- EXERCISE -
Each line below from the one containing "0 < length l" through the one containing "length got ≡ 0" is to be given again exactly, and no line outside that span.

Stored items:
■ ■ ■ ■
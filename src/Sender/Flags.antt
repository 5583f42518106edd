-- ===== src/Sender/Flags.antt =====
-- No operation of the client's sender in src/helpers/server_sender.rs touches the two flags that
-- guard its connection attempts.
use atomic_websocket.Base.{ℕ, ◌≡◌, refl, subst, Text, Option, none, some, arith}
use atomic_websocket.Runtime.Channel.{Channel, TrySend, sent, full, closed}
use atomic_websocket.Message.{Outgoing}
use atomic_websocket.Sender.{
  Reply, SenderStatus, Report, ServerSender, sx_drop, add, remove_ip, send_status, after_status,
  notify, report, finish, send_on, send,
}

module _ (S : Channel SenderStatus) (C : Channel Text) where
  -- The two senders agree on the flags.
  pub record SameFlags (s t : ServerSender S C) : Type 0 where
    pub is_try_connect : t.is_try_connect ≡ s.is_try_connect
    pub is_scanning : t.is_scanning ≡ s.is_scanning

  after_status-SameFlags :
      (r : TrySend × S.Chan) (s : ServerSender S C) → SameFlags s (after_status S C r s).1
  after_status-SameFlags (sent, c) s = record { is_try_connect = refl; is_scanning = refl }
  after_status-SameFlags (full, c) s = record { is_try_connect = refl; is_scanning = refl }
  after_status-SameFlags (closed, c) s = record { is_try_connect = refl; is_scanning = refl }

  pub notify-SameFlags :
      (status : SenderStatus) (s : ServerSender S C) → SameFlags s (notify S C status s)
  unfolding send_status notify
  notify-SameFlags status s = after_status-SameFlags (S.try_send s.status_tx status) s

  pub add-SameFlags :
      (sx : ℕ) (server_ip : Text) (s : ServerSender S C) → SameFlags s (add S C sx server_ip s)
  unfolding add sx_drop
  add-SameFlags sx server_ip s = record {
    is_try_connect = ground arith;
    is_scanning = ground arith;
  }

  pub remove_ip-SameFlags : (s : ServerSender S C) → SameFlags s (remove_ip S C s)
  unfolding remove_ip sx_drop
  remove_ip-SameFlags s = record { is_try_connect = ground arith; is_scanning = ground arith }

  report-SameFlags :
      (sx : ℕ) (m : Outgoing) (r : Report) (s : ServerSender S C)
      → SameFlags s (report S C sx m r s)
  report-SameFlags sx m r s = record { is_try_connect = ground arith; is_scanning = ground arith }

  some-SameFlags : (s t u : ServerSender S C) → some t ≡ some u → SameFlags s t → SameFlags s u
  some-SameFlags s t u e f = let same : t ≡ u = cc in subst (SameFlags s) same f

  finish-SameFlags :
      (sx : ℕ) (m : Outgoing) (o : Option Report) (s t : ServerSender S C)
      → finish S C sx m o s ≡ some t
      → SameFlags s t
  finish-SameFlags sx m none s t e = cc
  finish-SameFlags sx m (some r) s t e = some-SameFlags s _ t e (report-SameFlags sx m r s)

  send_on-SameFlags :
      (replies : ℕ → Reply) (m : Outgoing) (o : Option ℕ) (s t : ServerSender S C)
      → send_on S C replies m o s ≡ some t
      → SameFlags s t
  send_on-SameFlags replies m none s t e =
      some-SameFlags s s t e (record { is_try_connect = refl; is_scanning = refl })
  send_on-SameFlags replies m (some sx) s t e = finish-SameFlags sx m _ s t e

  pub send-SameFlags :
      (replies : ℕ → Reply) (m : Outgoing) (s t : ServerSender S C)
      → send S C replies m s ≡ some t
      → SameFlags s t
  unfolding send
  send-SameFlags replies m s t e = send_on-SameFlags replies m s.sx s t e
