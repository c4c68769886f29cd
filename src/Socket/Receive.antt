-- ===== src/Socket/Receive.antt =====
-- `receiveData` of Common/src/gsocket.c: what it makes of a stream that arrives in pieces.
use mathlib.Core.List.{append-nil, append_assoc}
use music_server_app.Base.{
  ℕ, suc, ◌-◌, ◌≤◌, ◌<◌, ◌≡◌, ◌⊎◌, inl, inr, refl, sym, ap, ◌∙◌, true, false, List, [], ◌∷◌, ◌++◌,
  arith, ltb, length, take, drop, Bool-cases, length-append, take_nil, drop_nil, take-append_short,
  take-append_long, drop-append_short, drop-append_long, length-take, length-drop,
}
use music_server_app.Base.Run.{Returns, Returns-mono}
use music_server_app.Socket.{
  Event, select_fails, timed_out, not_set, call_fails, chunk, room, Moved, receive_loop,
  receive_data,
}

-- The events bring the stream, in pieces of any size, and then the connection is closed.
pub data Delivers : List Event → List ℕ → Type 0 where
  closed : {es : List Event} → Delivers (chunk [] ∷ es) []
  piece :
      {es : List Event} {s : List ℕ} {b : ℕ} {bs : List ℕ}
      → Delivers es s
      → Delivers (chunk (b ∷ bs) ∷ es) (b ∷ (bs ++ s))
  wait : {es : List Event} {s : List ℕ} → Delivers es s → Delivers (not_set ∷ es) s

-- The first `size` bytes of the stream, or all of it, and the events that bring the others.
pub record Takes (stream : List ℕ) (size : ℕ) (got : List ℕ) (m : Moved) : Type 0 where
  pub answer_is : m.answer ≡ length m.bytes
  pub bytes_are : m.bytes ≡ got ++ take (size - length got) stream
  pub rest_is : Delivers m.rest (drop (size - length got) stream)

Delivers-piece :
    {es : List Event} {s : List ℕ} (l : List ℕ)
    → Delivers es s
    → 0 < length l
    → Delivers (chunk l ∷ es) (l ++ s)
Delivers-piece [] d h = absurd (omega (arith, h))
Delivers-piece (b ∷ bs) d h = piece d

-- With all bytes there, the loop has nothing to do.
Takes-done :
    {es : List Event} {stream : List ℕ} (d : Delivers es stream) (size : ℕ) (got : List ℕ)
    → size - length got ≡ 0
    → Takes stream size got (record { answer = length got; bytes = got; rest = es })
Takes-done d size got h = record {
  answer_is = refl;
  bytes_are = rw h (sym (append-nil got));
  rest_is = rw h d;
}

-- The waiting piece has more bytes than are wanted.
Takes-part :
    {es : List Event} {s : List ℕ} (d : Delivers es s) (size : ℕ) (got l : List ℕ)
    → length got ≤ size
    → size - length got < length l
    → Takes (l ++ s) size got (record {
      answer = size;
      bytes = got ++ take (size - length got) l;
      rest = chunk (drop (size - length got) l) ∷ es;
    })
Takes-part {es} {s} d size got l h longer =
    let n : ℕ = size - length got in
    record {
      answer_is =
          omega (arith, length-append got (take n l), length-take n l (omega (arith, longer)));
      bytes_are = rw (take-append_short n l s (omega (arith, longer)));
      rest_is =
          rw (drop-append_short n l s (omega (arith, longer)))
            (Delivers-piece (drop n l) d (omega (arith, length-drop n l, longer)));
    }

-- The waiting piece is taken whole, and more is wanted.
Takes-more :
    (size : ℕ) (got l s : List ℕ) (m : Moved)
    → length l ≤ size - length got
    → Takes s size (got ++ l) m
    → Takes (l ++ s) size got m
Takes-more size got l s m short t =
    let n : ℕ = size - length got in
    let rest : size - length (got ++ l) ≡ n - length l = omega (arith, length-append got l) in
    record {
      answer_is = t.answer_is;
      bytes_are =
          t.bytes_are
          ∙ append_assoc got l (take (size - length (got ++ l)) s)
          ∙ rw (take-append_long n l s short, rest);
      rest_is = rw (drop-append_long n l s short) (rw rest at t.rest_is);
    }

receive_loop-Takes :
    {es : List Event} {stream : List ℕ} (d : Delivers es stream) (size : ℕ) (got : List ℕ)
    → length got ≤ size
    → Returns (Takes stream size got) (receive_loop es size got)
unfolding receive_loop
receive_loop-Takes (closed {es}) size got h = elim (Bool-cases (ltb (length got) size)) [
  | inl more ↦
      let none_left : ltb (size - length got) 0 ≡ false = ground arith in
      rw (more, none_left, receive_loop)
        (record {
          answer_is = refl;
          bytes_are = rw (take_nil (size - length got)) (sym (append-nil got));
          rest_is = rw (drop_nil {A = ℕ} (size - length got)) closed;
        })
  | inr enough ↦ rw (enough, receive_loop) (Takes-done closed size got (ground (arith, h, enough)))
]
receive_loop-Takes (piece {es} {s} {b} {bs} d) size got h =
    elim (Bool-cases (ltb (length got) size)) [
      | inr enough ↦
          rw (enough, receive_loop) (Takes-done (piece d) size got (ground (arith, h, enough)))
      | inl more ↦ elim (Bool-cases (ltb (size - length got) (length (b ∷ bs)))) [
        | inl longer ↦
            rw (more, longer, receive_loop)
              (Takes-part d size got (b ∷ bs) h (ground (arith, longer)))
        | inr short ↦
            let fits : length (b ∷ bs) ≤ size - length got = ground (arith, short) in
            rw (more, short, receive_loop)
              (Returns-mono (Takes s size (got ++ (b ∷ bs))) _ _
                (receive_loop-Takes d size (got ++ (b ∷ bs))
                  (omega (arith, length-append got (b ∷ bs), fits, h)))
                λ m t. Takes-more size got (b ∷ bs) s m fits t)
      ]
    ]
receive_loop-Takes (wait d) size got h = elim (Bool-cases (ltb (length got) size)) [
  | inl more ↦ rw (more, receive_loop) (receive_loop-Takes d size got h)
  | inr enough ↦
      rw (enough, receive_loop) (Takes-done (wait d) size got (ground (arith, h, enough)))
]

-- A call of `receiveData` on a connection that brings the stream, in pieces of any size, ends. It
-- has received the first `size` bytes of the stream, or all of it where that is shorter, it answers
-- their number, and the next call goes on with the rest.
pub receive_data-Takes :
    {es : List Event} {stream : List ℕ}
    → Delivers es stream
    → (size : ℕ)
    → Returns
        (λ m.
          (m.answer ≡ length (take size stream))
          × (m.bytes ≡ take size stream)
          × Delivers m.rest (drop size stream))
        (receive_data es size)
unfolding receive_data
receive_data-Takes d size =
    let all : size - 0 ≡ size = omega arith in
    Returns-mono (Takes _ size []) _ _ (receive_loop-Takes d size [] (omega arith)) λ m t.
      let bytes = rw all at t.bytes_are in
      (t.answer_is ∙ ap length bytes, bytes, rw all at t.rest_is)

-- The rounds in which the socket can be read, or `select` gives up.
abbrev pub attempts : List Event → ℕ
attempts [] = 0
attempts (not_set ∷ es) = attempts es
attempts (room n ∷ es) = attempts es
attempts (_ ∷ es) = suc (attempts es)

-- No more than `size` bytes have come in, and the answer is their number, or 0 after an error.
abbrev pub Within : ℕ → Moved → Type 0
Within size m = (length m.bytes ≤ size) × ((m.answer ≡ 0) ⊎ (m.answer ≡ length m.bytes))

receive_loop-Within :
    (es : List Event) (size : ℕ) (got : List ℕ)
    → length got ≤ size
    → size - length got < attempts es
    → Returns (Within size) (receive_loop es size got)
unfolding receive_loop
receive_loop-Within [] size got h n = absurd (omega (arith, n))
receive_loop-Within (e ∷ es) size got h n = elim (Bool-cases (ltb (length got) size)) [
  | inr enough ↦ rw (enough, receive_loop) (h, inr refl)
  | inl more ↦ go e es n more (λ got'. receive_loop-Within es size got')
]
  where
    go :
        (e : Event) (es : List Event)
        → size - length got < attempts (e ∷ es)
        → ltb (length got) size ≡ true
        → ((got' : List ℕ)
            → length got' ≤ size
            → size - length got' < attempts es
            → Returns (Within size) (receive_loop es size got'))
        → Returns (Within size) (receive_loop (e ∷ es) size got)
    go select_fails es n more rest = rw (more, receive_loop) (h, inl refl)
    go timed_out es n more rest = rw (more, receive_loop) (h, inl refl)
    go call_fails es n more rest = rw (more, receive_loop) (h, inl refl)
    go not_set es n more rest = rw (more, receive_loop) (rest got h n)
    go (room k) es n more rest = rw (more, receive_loop) (rest got h n)
    go (chunk l) es n more rest = elim (Bool-cases (ltb (size - length got) (length l))) [
      | inl longer ↦
          rw (more, longer, receive_loop)
            (let whole : length (got ++ take (size - length got) l) ≡ size = omega (
              arith,
              h,
              length-append got (take (size - length got) l),
              length-take (size - length got) l (ground (arith, longer)),
            ) in
              (omega (arith, whole), inr (sym whole)))
      | inr short ↦ chunk_taken l n more short
    ]
      where
        chunk_taken :
            (l : List ℕ)
            → size - length got < suc (attempts es)
            → ltb (length got) size ≡ true
            → ltb (size - length got) (length l) ≡ false
            → Returns (Within size) (receive_loop (chunk l ∷ es) size got)
        chunk_taken [] n more short = rw (more, short, receive_loop) (h, inr refl)
        chunk_taken (b ∷ bs) n more short =
            let longer = length-append got (b ∷ bs) in
            let fits : length (b ∷ bs) ≤ size - length got = ground (arith, short) in
            rw (more, short, receive_loop)
              (rest (got ++ (b ∷ bs)) (omega (arith, longer, fits, h))
                (omega (arith, longer, fits, h, n)))

-- After at most `size + 1` rounds in which the socket can be read, or `select` gives up, a call of
-- `receiveData` has ended, with at most `size` bytes in the buffer; it answers their number, or 0
-- after an error.
pub receive_data_ends :
    (es : List Event) (size : ℕ) → size < attempts es → Returns (Within size) (receive_data es size)
unfolding receive_data
receive_data_ends es size n = receive_loop-Within es size [] (omega arith) (omega (arith, n))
■ ■ ■ ■
- WORKED SOLUTION -
    → 0 < length l
    → Delivers (chunk l ∷ es) (l ++ s)
Delivers-piece [] d h = absurd (omega (arith, h))
Delivers-piece (b ∷ bs) d h = piece d

-- With all bytes there, the loop has nothing to do.
Takes-done :
    {es : List Event} {stream : List ℕ} (d : Delivers es stream) (size : ℕ) (got : List ℕ)
    → size - length got ≡ 0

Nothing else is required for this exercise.